W tym roku przypomniałam sobie o gromnicy zbyt późno. Nie miałam szans, aby zakupić ją na 1 listopada. W nadziei, że będę mogła dopełnić obowiązku w Zaduszki, udałam się po pracy do znanych mi warszawskich punktów z podobnymi akcesoriami. W najlepiej zaopatrzonym punkcie przy ul. Miodowej obiłam się o drzwi, na których wisiała kartka, że akurat tego dnia sklep jest zamknięty. Szybkim krokiem poszłam na Krakowskie Przedmieście i choć zapalone światło wewnątrz księgarni św. Jana Chrzciciela dawało nadzieję, okazało się, że nie ma ani jednej sztuki. Obsługująca mnie pani, wysłuchawszy z grubsza o mojej misji, postanowiła mi pomóc.
– Ma pani telefon? – spytała oschle.
– Tak – odpowiedziałam.
– Pani dzwoni – i zaczęła dyktować mi numery telefonów.
Obdzwoniłam z siedem punktów. I nic. Większość zamknięta, albo nikt nie odbierał, albo najzwyczajniej gromnic nie było. Nie spodziewałam się, że będzie to taki problem w samym centrum Warszawy. Myślałam, że na gromnice zawsze jest sezon. A tu nici. Dopiero kilka dni później udało mi się zakupić gromnicę na Miodowej, nawet nie jedną, a od razu cztery. Jak wyliczyłam starczy do 2024 roku.
W ostatnią niedzielę, 7 listopada, wybrałam się sama na cmentarz, aby dopełnić swoich obowiązków. Było ponuro, jak przystało na jesień, ale ciepło. Ludzi pełno. Mam wrażenie, że było ich więcej niż 1 listopada. Wokół grobów panowało takie przyjemne zamieszanie. Ktoś coś sprzątał, inni ustawiali kwiaty i znicze, niektórzy nieruchomo zastygali w zadumie.
W drodze na cmentarz mijałam swoje ulubione drzewo. To potężna czarna topola tuż przy technicznej bramie wjazdowej.
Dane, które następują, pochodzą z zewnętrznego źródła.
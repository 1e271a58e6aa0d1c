-- ===== src/Updates.antt =====
-- pkg/updates/updates.go: announcements of new versions, and what nodes say of them.
pub mod Store
pub mod Fleet
mod Tests
use robotdreams.Base.{
  if◌then◌else◌, ℕ, Text, Assoc, codes, is_empty, eqb, cut, contains_byte, leb, ◌==◌, Bool, true,
  false, not, ◌&&◌, ◌||◌, Option, none, some, List, [], ◌∷◌,
}
use robotdreams.Messaging.{Envelope, MessageType, status_update}
use robotdreams.Orgchart.Graph.{Status}

abbrev pub subject_update_available : Text
subject_update_available = codes "update available"

abbrev pub kind_cli : Text
kind_cli = codes "robotdreams/cli"

abbrev pub kind_namespace : Text
kind_namespace = codes "robotdreams"

abbrev pub status_applied : Text
status_applied = codes "applied"

abbrev pub status_declined : Text
status_declined = codes "declined"

abbrev pub status_unknown : Text
status_unknown = codes "unknown"

pub record Announcement : Type 0 where
  pub id : Text
  pub kind : Text
  pub version : Text
  pub source : Text
  pub min_version : Text
  pub severity : Text
  pub notes : Text
  pub announced_by : Text
  pub announced_at : ℕ

pub record UpdateReport : Type 0 where
  pub kind : Text
  pub announcement_id : Text
  pub status : Text
  pub current_version : Text
  pub target_version : Text
  pub detail : Text

pub record Pending : Type 0 where
  pub announcement : Announcement
  pub current_version : Text
  pub status : Text

pub record RolloutNode : Type 0 where
  pub worker_id : Text
  pub worker_status : Status
  pub kind : Text
  pub current_version : Text
  pub announcement_id : Text
  pub target_version : Text
  pub status : Text
  pub detail : Text
  pub reported_at : ℕ

pub record Rollout : Type 0 where
  pub kind : Text
  pub announcement : Option Announcement
  pub counts : Assoc ℕ
  pub nodes : List RolloutNode

abbrev kind_byte : ℕ → Bool
kind_byte c =
    (leb b'a' c && leb c b'z')
    || ((leb b'0' c && leb c b'9') || (c == b'.' || (c == b'_' || c == b'-')))

abbrev is_update : MessageType → Bool
is_update status_update = true
is_update _ = false

unfoldable pub is_kind_part : Text → Bool
is_kind_part [] = true
is_kind_part (c ∷ cs) = kind_byte c && is_kind_part cs

-- ValidateKind: whether there is no error.
unfoldable pub is_kind : Text → Bool
unfolding is_kind_part
is_kind kind = elim (cut b'/' kind) [
  | none ↦ false
  | some (ns, name) ↦
      (not (is_empty ns) && (not (is_empty name) && not (contains_byte b'/' name)))
      && ((is_kind_part ns && is_kind_part name)
          && (not (eqb ns kind_namespace) || eqb kind kind_cli))
]

-- ValidateStatus.
unfoldable pub is_status : Text → Bool
is_status s =
    eqb s (codes "current")
    || (eqb s (codes "acknowledged")
        || (eqb s (codes "in_progress")
            || (eqb s status_applied || (eqb s status_declined || eqb s (codes "failed")))))

-- ValidateSeverity.
unfoldable pub is_severity : Text → Bool
is_severity s =
    is_empty s
    || (eqb s (codes "optional") || (eqb s (codes "recommended") || eqb s (codes "required")))

-- ParseAnnouncement, where `decode` is json.Unmarshal: nothing where the envelope is no announcement.
unfoldable pub parse_announcement : (Text → Option Announcement) → Envelope → Option Announcement
parse_announcement decode env =
    if is_update env.type && eqb env.subject subject_update_available
    then elim (decode env.body) [
      | none ↦ none
      | some ann ↦ if is_empty ann.kind || is_empty ann.version then none else some ann
    ]
    else none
Przyjrzałam się jej pniu, który pokryty jest wspaniałymi zmarszczkami starości. Potem już na cmentarzu mimochodem moją uwagę przykuwały groby z elementami drzew, które doskonale oddają symbolikę życia ludzkiego. Od wzrostu i kwitnienia, przez dojrzałość owoców, po zrzucenie liści i śmierć. Drzewo zarówno kiedyś, jak i dziś inspiruje twórców nagrobków.
EFEKT UBOCZNY
cmentarnego spaceru to świadomość jak ważna jest miłość okazywana jeszcze za życia ludzi, a nie wtedy, kiedy zostaje nam już po nich tylko płyta nagrobna
Przechadzając się alejami spostrzegłam też grób, który był inny niż wszystkie. Myślałam początkowo, że mam jakieś przywidzenie. Zobaczyłam dużego psa leżącego na grobie. Rzeźba była tak realna, że musiałam podejść bliżej i go pogłaskać, aby się o tym przekonać. Jaka wielka musiała być wzajemna miłość ludzi i tego czworonoga, skoro leży on sobie spokojnie z nimi na wieczność.
Patrząc na wyjątkowo różnorodne groby Cmentarza Bródnowskiego, to miejsce wydało mi się wyjątkowo pozytywne, gdzie ludzie w często niekonwencjonalny i oryginalny sposób pokazują swoją miłość do najbliższych. I dzieje się tak na całym świecie. Groby, choć odmienne w stylu są eksplozją wykutej w kamieniu miłości, a jednocześnie wyrazem tęsknoty za bliskimi.
Patrzyłam też ciekawie na portrety zmarłych. Spoglądali na mnie ludzie z innej epoki, ubrani elegancko według ówczesnych kanonów mody. To robi niesamowite wrażenie, jakbym znalazła się poza czasem i przestrzenią z osobami, których koleje losu wypisane są na nagrobkach. To są tysiące niepowtarzalnych życiorysów.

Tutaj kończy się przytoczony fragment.